- [RECORDS FOR THIS EXERCISE]

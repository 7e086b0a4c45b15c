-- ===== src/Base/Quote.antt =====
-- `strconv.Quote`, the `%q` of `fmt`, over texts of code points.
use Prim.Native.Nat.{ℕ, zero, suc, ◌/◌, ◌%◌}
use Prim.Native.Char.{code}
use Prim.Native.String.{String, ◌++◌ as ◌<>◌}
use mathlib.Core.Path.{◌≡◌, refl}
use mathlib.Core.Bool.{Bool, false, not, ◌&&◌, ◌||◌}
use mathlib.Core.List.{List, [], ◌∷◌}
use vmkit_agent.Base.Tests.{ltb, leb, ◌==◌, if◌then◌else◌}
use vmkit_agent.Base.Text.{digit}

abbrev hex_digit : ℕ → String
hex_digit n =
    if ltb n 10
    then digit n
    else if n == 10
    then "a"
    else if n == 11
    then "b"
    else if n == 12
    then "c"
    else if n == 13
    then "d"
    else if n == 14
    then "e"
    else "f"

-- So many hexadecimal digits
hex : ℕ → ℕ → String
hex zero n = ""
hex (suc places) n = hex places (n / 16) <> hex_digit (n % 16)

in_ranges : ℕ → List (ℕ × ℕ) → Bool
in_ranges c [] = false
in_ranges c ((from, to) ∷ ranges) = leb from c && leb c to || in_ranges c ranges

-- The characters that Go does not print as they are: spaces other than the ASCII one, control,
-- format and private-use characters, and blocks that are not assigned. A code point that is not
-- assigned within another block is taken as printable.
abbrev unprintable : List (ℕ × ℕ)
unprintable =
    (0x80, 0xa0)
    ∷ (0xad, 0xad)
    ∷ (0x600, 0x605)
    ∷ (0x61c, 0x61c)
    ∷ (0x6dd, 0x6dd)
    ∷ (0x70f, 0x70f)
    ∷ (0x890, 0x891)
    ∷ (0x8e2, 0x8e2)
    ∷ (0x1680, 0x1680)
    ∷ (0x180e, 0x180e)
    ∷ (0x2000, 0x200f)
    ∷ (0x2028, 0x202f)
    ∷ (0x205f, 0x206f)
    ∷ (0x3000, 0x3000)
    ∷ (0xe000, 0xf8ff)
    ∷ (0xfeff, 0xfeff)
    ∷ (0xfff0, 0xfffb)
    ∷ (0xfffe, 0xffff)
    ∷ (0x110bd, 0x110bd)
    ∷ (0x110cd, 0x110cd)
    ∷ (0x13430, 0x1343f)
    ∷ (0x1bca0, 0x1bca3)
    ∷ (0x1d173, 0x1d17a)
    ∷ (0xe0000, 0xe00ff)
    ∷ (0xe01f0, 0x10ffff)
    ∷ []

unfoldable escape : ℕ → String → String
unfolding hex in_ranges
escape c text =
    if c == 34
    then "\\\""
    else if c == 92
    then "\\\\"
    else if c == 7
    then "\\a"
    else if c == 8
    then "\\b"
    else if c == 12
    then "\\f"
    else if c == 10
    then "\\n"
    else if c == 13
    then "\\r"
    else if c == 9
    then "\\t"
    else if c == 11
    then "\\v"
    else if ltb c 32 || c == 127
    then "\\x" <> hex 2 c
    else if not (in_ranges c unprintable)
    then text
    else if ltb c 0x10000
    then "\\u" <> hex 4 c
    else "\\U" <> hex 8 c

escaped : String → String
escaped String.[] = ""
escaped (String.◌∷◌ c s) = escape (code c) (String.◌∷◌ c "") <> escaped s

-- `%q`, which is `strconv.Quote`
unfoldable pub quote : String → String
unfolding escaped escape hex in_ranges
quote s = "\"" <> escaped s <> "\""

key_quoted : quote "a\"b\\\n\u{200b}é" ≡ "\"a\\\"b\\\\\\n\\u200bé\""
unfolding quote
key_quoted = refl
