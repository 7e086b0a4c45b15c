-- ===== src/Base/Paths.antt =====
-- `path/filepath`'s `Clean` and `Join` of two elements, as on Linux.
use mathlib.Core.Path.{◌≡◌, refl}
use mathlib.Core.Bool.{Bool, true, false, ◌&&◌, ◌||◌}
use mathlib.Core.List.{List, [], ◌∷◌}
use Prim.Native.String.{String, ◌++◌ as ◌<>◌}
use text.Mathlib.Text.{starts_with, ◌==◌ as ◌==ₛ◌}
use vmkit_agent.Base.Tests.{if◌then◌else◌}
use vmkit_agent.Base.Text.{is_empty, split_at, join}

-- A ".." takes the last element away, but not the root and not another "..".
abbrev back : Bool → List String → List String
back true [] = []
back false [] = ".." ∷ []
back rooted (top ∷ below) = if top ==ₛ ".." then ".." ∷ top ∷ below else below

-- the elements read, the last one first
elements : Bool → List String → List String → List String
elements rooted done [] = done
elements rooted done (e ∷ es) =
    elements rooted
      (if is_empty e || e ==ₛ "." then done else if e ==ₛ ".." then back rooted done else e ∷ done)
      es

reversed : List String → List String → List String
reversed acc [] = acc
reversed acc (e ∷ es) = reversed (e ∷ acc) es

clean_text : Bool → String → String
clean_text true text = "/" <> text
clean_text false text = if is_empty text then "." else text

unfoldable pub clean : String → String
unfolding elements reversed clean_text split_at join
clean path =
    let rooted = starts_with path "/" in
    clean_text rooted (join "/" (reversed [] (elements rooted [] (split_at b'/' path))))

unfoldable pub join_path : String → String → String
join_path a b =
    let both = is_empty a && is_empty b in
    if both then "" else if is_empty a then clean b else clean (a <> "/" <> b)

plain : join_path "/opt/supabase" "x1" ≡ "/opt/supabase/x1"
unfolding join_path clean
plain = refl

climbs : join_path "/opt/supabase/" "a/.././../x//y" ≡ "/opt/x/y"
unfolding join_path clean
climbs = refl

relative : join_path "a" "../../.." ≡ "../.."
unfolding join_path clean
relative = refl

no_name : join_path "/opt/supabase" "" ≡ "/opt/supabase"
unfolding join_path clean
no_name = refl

- [WHAT THE EXERCISE ASKS]
Number of lines holding "that" in the data: give it, with nothing else.

- [RESULT OF THE TASK]
2